# My math teacher convinced me that everyone can be a math person--Here's how



## navi__x3 (May 20, 2017)

@The red spirit
Why do you have to rain all over my parade of achieving math acceptance after 24 years!!!!! :laughing: :crying: :laughing:


----------



## incision (May 23, 2010)

The red spirit said:


> So literally "spend time" is about Si?


No. Refer back to duty, suffering and practice. That's a very traditional paradigm.


----------



## The red spirit (Sep 29, 2015)

fartface said:


> :laughing:


I'm right now exactly like this.


----------



## The red spirit (Sep 29, 2015)

navi__x3 said:


> @The red spirit
> Why do you have to rain all over my parade of achieving math acceptance after 24 years!!!!! :laughing: :crying: :laughing:


Critical thinking and not surrendering to manipulation (emotional). Tricks like that just doesn't work with me. Plus I have one more year of school left.


----------



## The red spirit (Sep 29, 2015)

Duo said:


> No. Refer back to duty, suffering and practice. That's a very traditional paradigm.


and why won't Ni dom to that? Those people can be very goal oriented.


----------



## navi__x3 (May 20, 2017)

The red spirit said:


> Critical thinking and not surrendering to manipulation (emotional). Tricks like that just doesn't work with me. Plus I have one more year of school left.


manipulation =/= motivation :laughing: You are a strange leaf.


----------



## incision (May 23, 2010)

The red spirit said:


> and why won't Ni dom to that? Those people can be very goal oriented.


Goal orientation is Te, not Ni or Si. Ni won't be fixated on traditional paradigms. It considers the subjectively best route premised on probabilities through the assessment of the data on hand. A form of inductive reasoning since it fills in the blanks.

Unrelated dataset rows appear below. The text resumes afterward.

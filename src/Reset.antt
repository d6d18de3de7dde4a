-- ===== src/Reset.antt =====
-- internal/services/reset: password resets by a token that is mailed, on a Redis store.
pub mod Repo
pub mod Tokens
use Prim.Native.String
use yourz_gift.Base.{
  ℕ, zero, suc, String, Bool, true, false, not, ◌&&◌, Option, none, some, List, ◌∷◌, ◌==◌, ltb, leb,
  if◌then◌else◌, Error, fault, throttled, redis_nil, reset_invalid, reset_not_configured,
  reset_delivery_failed, Result, ok, err, Exec, pure, gets, guard, ◌>>=◌, ◌>>◌,
}
use yourz_gift.Base.Text.{TextLib, sanitize_email, trim_space}
use yourz_gift.Redis.{Redis}
use yourz_gift.Otp.{is_positive, quietly, or_undo}
use yourz_gift.Session.{is_prefix, contains_text}
use yourz_gift.Reset.Repo.{
  set_token, get_email_by_token, delete_token, set_reset_cooldown, get_reset_cooldown_ttl,
  clear_reset_cooldown, increment_reset_count, clear_reset_count,
}

-- config.PasswordResetConfig; a limit that is not positive is 0.
pub record PasswordResetConfig : Type 0 where
  pub ttl : ℕ
  pub cooldown : ℕ
  pub rate_window : ℕ
  pub rate_limit : ℕ
  pub secret : String
  pub url_template : String

-- What PasswordResetSender.SendPasswordReset is given.
pub record ResetMail : Type 0 where
  pub to_email : String
  pub token : String
  pub app_name : String
  pub reset_url : String
  pub ttl : ℕ

-- ServiceReset, with what it takes from outside: the hexadecimal SHA-256 of a text, the unpadded
-- base64 of bytes for URLs, and the answer of the mailer to a mail. `repo` and `sender` say that these
-- are not nil.
pub record ResetService : Type 0 where
  pub repo : Bool
  pub sender : Bool
  pub config : PasswordResetConfig
  pub sha256_hex : String → String
  pub base64_url : List ℕ → String
  pub send_password_reset : ResetMail → Result (Unit {0})

-- The Redis store, and the mails that were sent, the latest first.
pub record ResetWorld (r : Redis) : Type 0 where
  pub store : r.Store
  pub sent : List ResetMail

-- strings.ReplaceAll(template, "{token}", token); the number counts the characters of a placeholder
-- that are still to be left out.
unfoldable pub replace_token : (token : String) → ℕ → String → String
replace_token token n String.[] = String.[]
replace_token token (suc n) (String.◌∷◌ c s) = replace_token token n s
replace_token token zero (String.◌∷◌ c s) =
    let replaced = String.◌++◌ token (replace_token token 6 s) in
    let kept = String.◌∷◌ c (replace_token token 0 s) in
    if is_prefix "{token}" (String.◌∷◌ c s) then replaced else kept

unfoldable pub build_reset_url : TextLib → (template token : String) → String
unfolding trim_space contains_text replace_token
build_reset_url lib template token =
    let clean = trim_space lib template in
    if clean == ""
    then ""
    else if contains_text "{token}" clean
    then replace_token token 0 clean
    else if contains_text "?" clean
    then String.◌++◌ clean (String.◌++◌ "&token=" token)
    else String.◌++◌ clean (String.◌++◌ "?token=" token)

module _ (svc : ResetService) where
  -- generateResetToken, of 32 random bytes; nothing where rand.Read fails
  unfoldable pub generate_reset_token : Option (List ℕ) → Result String
  generate_reset_token none = err (fault "generate token")
  generate_reset_token (some bytes) = ok (svc.base64_url bytes)

  unfoldable pub hash_token : String → String
  hash_token token = svc.sha256_hex (String.◌++◌ token svc.config.secret)

-- The mail that carries the token.
abbrev pub reset_mail : TextLib → ResetService → (address token app_name : String) → ResetMail
reset_mail lib svc address token app_name = record {
  to_email = address;
  token = token;
  app_name = app_name;
  reset_url = build_reset_url lib svc.config.url_template token;
  ttl = svc.config.ttl;
}

-- GetEmailByToken, with redis.Nil as ErrResetInvalid
abbrev pub stored_email : Result String → Result String
stored_email (ok email) = ok email
stored_email (err redis_nil) = err reset_invalid
stored_email (err e) = err e

module _ {r : Redis} where
  -- A command on the store.
  abbrev pub on_store : {A : Type 0} → Exec r.Store A → Exec (ResetWorld r) A
  on_store op w = ((op w.store).0, record w { store = (op w.store).1 })

  unfoldable pub send_reset_mail : ResetService → ResetMail → Exec (ResetWorld r) (Unit {0})
  send_reset_mail svc mail w = elim (svc.send_password_reset mail) [
    | ok _ ↦ (ok tt, record w { sent = mail ∷ w.sent })
    | err e ↦ (err e, w)
  ]

  -- The check of the rate limit in RequestReset.
  unfoldable pub check_reset_rate : ResetService → String → Exec (ResetWorld r) (Unit {0})
  unfolding increment_reset_count
  check_reset_rate svc email w =
      let counted = (do
        (count, retry_after) ← on_store (increment_reset_count r email svc.config.rate_window)
        guard (leb count svc.config.rate_limit) (throttled "rate_limit" retry_after)) in
      if ltb 0 svc.config.rate_limit && ltb 0 svc.config.rate_window then counted w else (ok tt, w)

  -- The checks that RequestReset begins with.
  unfoldable pub check_request : ResetService → (address : String) → Exec (ResetWorld r) (Unit {0})
  unfolding get_reset_cooldown_ttl check_reset_rate
  check_request svc address = do
    guard (svc.repo && svc.sender) reset_not_configured
    guard (not (address == "")) reset_invalid
    cooldown ← gets (λ w. get_reset_cooldown_ttl r address w.store)
    guard (not (is_positive cooldown)) (throttled "cooldown" cooldown)
    check_reset_rate svc address

  -- The rest of RequestReset, once the token is made: its hash is stored, and it is mailed.
  unfoldable pub deliver_token :
      TextLib → ResetService → (address token app_name : String) → Exec (ResetWorld r) (Unit {0})
  unfolding set_token set_reset_cooldown delete_token clear_reset_cooldown clear_reset_count or_undo
      send_reset_mail hash_token build_reset_url
  deliver_token lib svc address token app_name = do
    or_undo (on_store (set_token r (hash_token svc token) address svc.config.ttl))
        (quietly (on_store (clear_reset_count r address))) (λ e. e)
    or_undo (on_store (set_reset_cooldown r address svc.config.cooldown))
        (do
          quietly (on_store (delete_token r (hash_token svc token)))
          quietly (on_store (clear_reset_count r address)))
        (λ e. e)
    or_undo (send_reset_mail svc (reset_mail lib svc address token app_name))
        (do
          quietly (on_store (delete_token r (hash_token svc token)))
          quietly (on_store (clear_reset_cooldown r address))
          quietly (on_store (clear_reset_count r address)))
        (λ _. reset_delivery_failed)

  unfoldable pub request_reset :
      TextLib
      → ResetService
      → (draw : Option (List ℕ)) (email app_name : String) → Exec (ResetWorld r) (Unit {0})
  unfolding check_request generate_reset_token deliver_token
  request_reset lib svc draw email app_name = do
    check_request svc (sanitize_email lib email)
    token ← gets (λ _. generate_reset_token svc draw)
    deliver_token lib svc (sanitize_email lib email) token app_name

  -- What VerifyReset removes, errors dropped.
  unfoldable pub forget_token : (hash email : String) → Exec (ResetWorld r) (Unit {0})
  unfolding delete_token clear_reset_cooldown clear_reset_count
  forget_token hash email = do
    quietly (on_store (delete_token r hash))
    quietly (on_store (clear_reset_cooldown r email))
    quietly (on_store (clear_reset_count r email))

  unfoldable pub verify_reset :
      TextLib → ResetService → (token : String) → Exec (ResetWorld r) String
  unfolding hash_token get_email_by_token forget_token
  verify_reset lib svc token = do
    guard svc.repo reset_not_configured
    let clean = trim_space lib token
    guard (not (clean == "")) reset_invalid
    email ← gets (λ w. stored_email (get_email_by_token r (hash_token svc clean) w.store))
    forget_token (hash_token svc clean) email
    pure email
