-- ===== src/Cleanup/Kept.antt =====
-- What the deletions by count and by size of src/persistence/cleanup.rs leave.
use Prim.Native.String.{String}
use geodineum_comms.Prelude.{
  ℕ, zero, suc, some_inj, ◌+◌, ◌-◌, ◌≤◌, max, min, ◌≡◌, refl, sym, ap, ◌∙◌, ◌==◌, eq_iff, Bool,
  true, false, not, ◌||◌, Bool-cases, inl, inr, Option, none, some, List, [], ◌∷◌, keep, length,
  leb, eqb, arith, if◌then◌else◌,
}
use geodineum_comms.Prelude.Texts.{contains}
use geodineum_comms.Prelude.Dict.{lookup, contains_key, UniqueKeys, or_else}
use geodineum_comms.Errors.{Result, ok}
use geodineum_comms.Archive.{Row, Table}
use geodineum_comms.Cleanup.{
  Step, count, delete_count, measure, delete_size, Site, is_active, delete_where, outcome,
}
use geodineum_comms.Cleanup.Counts.{length-keep_rest}
use geodineum_comms.Cleanup.Sites.{
  insert_row, by_age, ids_of, oldest, delete_oldest, unless_failed, delete_by_count, delete_by_size,
  to_delete,
}

module _ (id : String) where
  pub key-insert_row :
      (x : String × Row) (t : Table) → contains_key id (insert_row x t) ≡ contains_key id (x ∷ t)
  unfolding contains_key lookup
  key-insert_row x [] = refl
  key-insert_row x (y ∷ t) = ground (arith, key-insert_row x t)

  pub key-by_age : (t : Table) → contains_key id (by_age t) ≡ contains_key id t
  unfolding by_age contains_key lookup
  key-by_age [] = refl
  key-by_age (x ∷ t) = key-insert_row x (by_age t) ∙ ground (arith, key-by_age t)

  pub key-ids_of : (n : ℕ) (t : Table) → contains id (ids_of n t) ≡ true → contains_key id t ≡ true
  unfolding ids_of contains_key lookup
  key-ids_of zero t h = cc
  key-ids_of (suc n) [] h = cc
  key-ids_of (suc n) (x ∷ t) h = ground (arith, key-ids_of n t)

  pub no_key-keep :
      (p : String × Row → Bool) (t : Table)
      → contains_key id t ≡ false
      → contains_key id (keep p t) ≡ false
  unfolding contains_key lookup
  no_key-keep p [] h = refl
  no_key-keep p (x ∷ t) h = ground (arith, no_key-keep p t)

  active_key :
      (t : Table) (r : Row)
      → UniqueKeys t
      → lookup id t ≡ some r
      → is_active r.status ≡ true
      → contains_key id (keep (λ x. not (is_active x.1.status)) t) ≡ false
  unfolding contains_key lookup
  active_key [] r u h a = refl
  active_key (x ∷ t) r u h a = elim (Bool-cases (x.0 == id)) [
    | inl same ↦
        let of_row : x.1 ≡ r = some_inj (rw same at h) in
        let key : x.0 ≡ id = (eq_iff x.0 id).0 same in
        simp (of_row, a) (no_key-keep (λ y. not (is_active y.1.status)) t (rw key at u.0))
    | inr other ↦ skip (is_active x.1.status) other (active_key t r u.1 (rw other at h) a)
  ]
    where
      skip :
          (b : Bool)
          → (x.0 == id) ≡ false
          → contains_key id (keep (λ y. not (is_active y.1.status)) t) ≡ false
          → contains_key id (
              if not b
              then x ∷ keep (λ y. not (is_active y.1.status)) t
              else keep (λ y. not (is_active y.1.status)) t)
            ≡ false
      skip true o k = k
      skip false o k = rw o k

  lookup-keep :
      (ids : List String) (t : Table)
      → contains id ids ≡ false
      → lookup id (keep (λ x. not (contains x.0 ids)) t) ≡ lookup id t
  unfolding lookup
  lookup-keep ids [] h = refl
  lookup-keep ids (x ∷ t) h = ground (arith, lookup-keep ids t h, same)
    where
      same : (x.0 == id) ≡ true → contains x.0 ids ≡ contains id ids
      same e = ap (λ k. contains k ids) ((eq_iff x.0 id).0 e)

  -- A row that is not finished is none of the oldest ones to go.
  active-oldest :
      (n : ℕ) (t : Table) (r : Row)
      → UniqueKeys t
      → lookup id t ≡ some r
      → is_active r.status ≡ true
      → contains id (oldest n t) ≡ false
  unfolding oldest
  active-oldest n t r u h a = elim (Bool-cases (contains id (oldest n t))) [
    | inr e ↦ e
    | inl e ↦
        let there = key-ids_of n (by_age (keep (λ x. not (is_active x.1.status)) t)) e in
        let none_there =
          key-by_age (keep (λ x. not (is_active x.1.status)) t) ∙ active_key t r u h a in
        absurd (clash there none_there)
  ]
    where
      clash : {b : Bool} → b ≡ true → b ≡ false → ⊥
      clash p q = cc

key_once :
    (k : String) (t : Table)
    → UniqueKeys t
    → length (keep (λ x. k == x.0) t) ≤ 1 - (if contains_key k t then 0 else 1)
unfolding contains_key lookup
key_once k [] u = omega arith
key_once k (x ∷ t) u = ground (arith, key_once k t u.1, u.0, eq_iff k x.0, eq_iff x.0 k, same)
  where
    same : k ≡ x.0 → contains_key x.0 t ≡ contains_key k t
    same e = ap (λ j. contains_key j t) (sym e)

length-keep_or :
    (p q : String × Row → Bool) (t : Table)
    → length (keep (λ x. p x || q x) t) ≤ length (keep p t) + length (keep q t)
length-keep_or p q [] = omega arith
length-keep_or p q (x ∷ t) = ground (arith, length-keep_or p q t)

length-keep_none : (t : Table) → length (keep (λ x. false) t) ≡ 0
length-keep_none [] = refl
length-keep_none (x ∷ t) = length-keep_none t

pub length-removed :
    (ids : List String) (t : Table)
    → UniqueKeys t
    → length (keep (λ x. contains x.0 ids) t) ≤ length ids
length-removed [] t u = omega (arith, length-keep_none t)
length-removed (k ∷ ids) t u = omega (
  arith,
  length-keep_or (λ x. k == x.0) (λ x. contains x.0 ids) t,
  key_once k t u,
  length-removed ids t u,
)

length-ids_of : (n : ℕ) (t : Table) → length (ids_of n t) ≤ n
unfolding ids_of
length-ids_of zero t = omega arith
length-ids_of (suc n) [] = omega arith
length-ids_of (suc n) (x ∷ t) = omega (arith, length-ids_of n t)

-- the table behind a deletion that two tests and a query may leave out
limited :
    (P : Table → Type 0) (o : Option String) (what : String) (a b : Bool) (t : Table)
    (r : Table × Result ℕ)
    → P t
    → P r.0
    → P (unless_failed o what (if a then (t, ok 0) else if b then (t, ok 0) else r) t).0
limited P none what true b t r h k = h
limited P none what false true t r h k = h
limited P none what false false t r h k = k
limited P (some e) what a b t r h k = h

outcome_left :
    (P : Table → Type 0) (o : Option String) (what : String) (t t' : Table) (n : ℕ)
    → P t
    → P t'
    → P (outcome o what t t' n).0
outcome_left P none what t t' n h k = k
outcome_left P (some e) what t t' n h k = h

module _ (site : Site) (t : Table) (u : UniqueKeys t) where
  delete_oldest_active :
      (step : Step) (what : String) (n : ℕ) (id : String) (r : Row)
      → lookup id t ≡ some r
      → is_active r.status ≡ true
      → lookup id (delete_oldest site step what n t).0 ≡ some r
  unfolding delete_where
  delete_oldest_active step what n id r h a =
      outcome_left (λ x. lookup id x ≡ some r) (site.error step) what t _ _ h
        (lookup-keep id (oldest n t) t (active-oldest id n t r u h a) ∙ h)

  length-delete_oldest :
      (step : Step) (what : String) (n : ℕ)
      → length t ≤ length (delete_oldest site step what n t).0 + n
  unfolding delete_where oldest
  length-delete_oldest step what n =
      let gone = length-removed (oldest n t) t u in
      let few = length-ids_of n (by_age (keep (λ x. not (is_active x.1.status)) t)) in
      let whole = length-keep_rest (λ x. contains x.0 (oldest n t)) t in
      outcome_left (λ x. length t ≤ length x + n) (site.error step) what t _ _ (omega arith)
        (omega (arith, gone, few, whole))

  count_left :
      (P : Table → Type 0) (max_count min_keep : ℕ)
      → P t
      → P
          (delete_oldest site delete_count "Delete by count failed: "
            (length t - max max_count min_keep)
            t).0
      → P (delete_by_count site max_count min_keep t).0
  unfolding delete_by_count
  count_left P max_count min_keep h k =
      limited P (site.error count) "Count query failed: " (leb (length t) max_count)
        (leb (length t) (max max_count min_keep)) t _ h k

  size_left :
      (P : Table → Type 0) (max_bytes min_keep : ℕ)
      → P t
      → P
          (delete_oldest site delete_size "Delete by size failed: "
            (to_delete site (or_else site.size_now 0) max_bytes min_keep t)
            t).0
      → P (delete_by_size site max_bytes min_keep t).0
  unfolding delete_by_size
  size_left P max_bytes min_keep h k = by_size (leb (or_else site.size_now 0) max_bytes)
    where
      by_size :
          (b : Bool)
          → P
              (if b
                then (t, ok 0)
                else unless_failed
                    (site.error measure)
                    "Size query failed: "
                    (if eqb (length t) 0
                      then (t, ok 0)
                      else if eqb (to_delete site (or_else site.size_now 0) max_bytes min_keep t) 0
                      then (t, ok 0)
                      else delete_oldest site delete_size "Delete by size failed: "
                          (to_delete site (or_else site.size_now 0) max_bytes min_keep t)
                          t)
                    t).0
      by_size true = h
      by_size false =
          limited P (site.error measure) "Size query failed: " (eqb (length t) 0)
            (eqb (to_delete site (or_else site.size_now 0) max_bytes min_keep t) 0) t _ h k

  -- No deletion by count or by size touches a message that is pending or being processed.
  pub delete_by_limits_active :
      (max_count max_bytes min_keep : ℕ) (id : String) (r : Row)
      → lookup id t ≡ some r
      → is_active r.status ≡ true
      → (lookup id (delete_by_count site max_count min_keep t).0 ≡ some r)
        × (lookup id (delete_by_size site max_bytes min_keep t).0 ≡ some r)
  delete_by_limits_active max_count max_bytes min_keep id r h a = (
    count_left (λ x. lookup id x ≡ some r) max_count min_keep h
        (delete_oldest_active delete_count _ _ id r h a),
    size_left (λ x. lookup id x ≡ some r) max_bytes min_keep h
        (delete_oldest_active delete_size _ _ id r h a),
  )

  to_delete_most :
      (current max_bytes min_keep : ℕ)
      → to_delete site current max_bytes min_keep t ≤ length t - min_keep
  unfolding to_delete
  to_delete_most current max_bytes min_keep = omega arith

  pub delete_by_limits_bound :
      (max_count max_bytes min_keep : ℕ)
      → (min (length t) (max max_count min_keep)
          ≤ length (delete_by_count site max_count min_keep t).0)
        × (min (length t) min_keep ≤ length (delete_by_size site max_bytes min_keep t).0)
  delete_by_limits_bound max_count max_bytes min_keep =
      let by_count =
        length-delete_oldest delete_count "Delete by count failed: "
          (length t - max max_count min_keep) in
      let n = to_delete site (or_else site.size_now 0) max_bytes min_keep t in
      let by_size = length-delete_oldest delete_size "Delete by size failed: " n in
      let most = to_delete_most (or_else site.size_now 0) max_bytes min_keep in
      (
        count_left (λ x. min (length t) (max max_count min_keep) ≤ length x) max_count min_keep
            (omega arith) (omega (arith, by_count)),
        size_left (λ x. min (length t) min_keep ≤ length x) max_bytes min_keep (omega arith)
            (omega (arith, by_size, most)),
      )
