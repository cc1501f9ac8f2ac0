-- ===== src/Cleanup/Removed.antt =====
-- How many rows the deletions by count and by size of src/persistence/cleanup.rs remove.
use Prim.Native.String.{String}
use geodineum_comms.Prelude.{◌≡◌, true, false, not, List, [], ◌∷◌, keep}
use geodineum_comms.Prelude.Texts.{contains}
use geodineum_comms.Prelude.Dict.{contains_key}
use geodineum_comms.Archive.{Table}
use geodineum_comms.Cleanup.{is_active}

-- The rows that a deletion by count or by size may take.
abbrev pub finished : Table → Table
finished t = keep (λ x. not (is_active x.1.status)) t

abbrev AreDistinct : List String → Type 0
AreDistinct [] = Unit {0}
AreDistinct (k ∷ ks) = (contains k ks ≡ false) × AreDistinct ks

abbrev AreKeys : Table → List String → Type 0
AreKeys t [] = Unit {0}
AreKeys t (k ∷ ks) = (contains_key k t ≡ true) × AreKeys t ks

Anyways, we've gone way off topic. Math requires a platforming foundation which includes a ton of rote memorisation in the lower levels. Considering the state of public education, it's unsurprising how the majority of people don't care for math.


----------



## The red spirit (Sep 29, 2015)

navi__x3 said:


> manipulation =/= motivation :laughing: You are a strange leaf.


For some reason those motivators seem too fake to me. Imagine situation, where someone motivates you and you instantly 'oh yeah I gonna do this'. This just seems dumb. Strange leaf or not, but maybe I have some unique beliefs.


----------



## navi__x3 (May 20, 2017)

Duo said:


> Goal orientation is Te, not Ni or Si. Ni won't be fixated on traditional paradigms. It considers the subjectively best route premised on probabilities through the assessment of the data on hand. A form of indictive logic since it fills in the blanks.
> 
> Anyways, we've gone way off topic. *Math requires a platforming foundation which includes a ton of rote memorisation in the lower levels. Considering the state of public education, it's unsurprising how the majority of people don't care for math.*


Absolutely! 
There's a great TED Talk by the founder of Kahn Academy about a similar subject. https://www.ted.com/talks/sal_khan_let_s_teach_for_mastery_not_test_scores


----------



## navi__x3 (May 20, 2017)

The red spirit said:


> For some reason those motivators seem too fake to me. Imagine situation, where someone motivates you and you instantly 'oh yeah I gonna do this'. This just seems dumb. Strange leaf or not, but maybe I have some unique beliefs.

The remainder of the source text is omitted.